- WORK TO COMPLETE -
What lines of the data hold the string "Common"? Copy them all.

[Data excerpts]
╔══

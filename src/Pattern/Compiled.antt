-- ===== src/Pattern/Compiled.antt =====
-- ganymede-pattern-core/src/pattern.rs: `Pattern`, `PatternBuf` and their construction. The borrowed
-- and the owned pattern hold the same three fields, and `as_pattern` copies them.
pub mod Static
use ganymede.Common.{ℕ, List, [], ◌∷◌, Option, none, some, not, ◌||◌, ◌==◌, if◌then◌else◌, length}
use ganymede.Common.Checked.{Checked, done, and_then, assert}
use ganymede.Common.Result.{Result, ok, err}
use ganymede.Pattern.Atom.{Atom, capture_len}
use ganymede.Pattern.Read.{Bytes}
use ganymede.Pattern.Syntax.{Parsed, parsed, ◌>>=◌}
use ganymede.Pattern.Syntax.Grammar.{parse}
use ganymede.Pattern.Fixed.{Fixed, fixed_new, valid_for, fixed_compile}

pub data PatternError : Type 0 where
  empty : PatternError

pub record Pattern : Type 0 where
  pub atoms : List Atom
  pub save_len : ℕ
  pub fixed : Option Fixed

unfoldable pub from_atoms : List Atom → Result PatternError Pattern
from_atoms [] = err empty
from_atoms (a ∷ atoms) =
    ok (record { atoms = a ∷ atoms; save_len = capture_len (a ∷ atoms); fixed = none })

unfoldable pub from_static_parts : List Atom → Bytes → Bytes → Checked Pattern
from_static_parts atoms bytes masks = and_then (assert (not (length atoms == 0))) λ _.
    and_then (assert (length bytes == length masks)) λ _.
      and_then (assert (length bytes == 0 || valid_for atoms bytes masks)) λ _. done (record {
        atoms = atoms;
        save_len = capture_len atoms;
        fixed = if length bytes == 0 then none else some (fixed_new bytes masks);
      })

-- What `PatternBuf::from_atoms` and `PatternBuf::parse` build from their atoms.
unfoldable pub compile : List Atom → Pattern
compile atoms = record { atoms = atoms; save_len = capture_len atoms; fixed = fixed_compile atoms }

unfoldable pub buf_from_atoms : List Atom → Result PatternError Pattern
unfolding compile
buf_from_atoms [] = err empty
buf_from_atoms (a ∷ atoms) = ok (compile (a ∷ atoms))

-- `PatternBuf::fixed_parts`
unfoldable pub fixed_parts : Pattern → Option (Bytes × Bytes)
fixed_parts p = elim p.fixed [ none ↦ none | some f ↦ some (f.bytes, f.masks) ]

-- The slices that the macro of ganymede-pattern-macro/src/lib.rs emits.
unfoldable pub emitted_parts : Pattern → Bytes × Bytes
emitted_parts p = elim (fixed_parts p) [ none ↦ ([], []) | some parts ↦ parts ]

-- `PatternBuf::parse`
unfoldable pub buf_parse : Bytes → Parsed Pattern
unfolding compile
buf_parse source = parse source >>= λ atoms. parsed (compile atoms)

╚══

- SOLUTION TO THIS PROBLEM -
use ganymede.Common.{ℕ, List, [], ◌∷◌, Option, none, some, not, ◌||◌, ◌==◌, if◌then◌else◌, length}
use ganymede.Common.Checked.{Checked, done, and_then, assert}
use ganymede.Common.Result.{Result, ok, err}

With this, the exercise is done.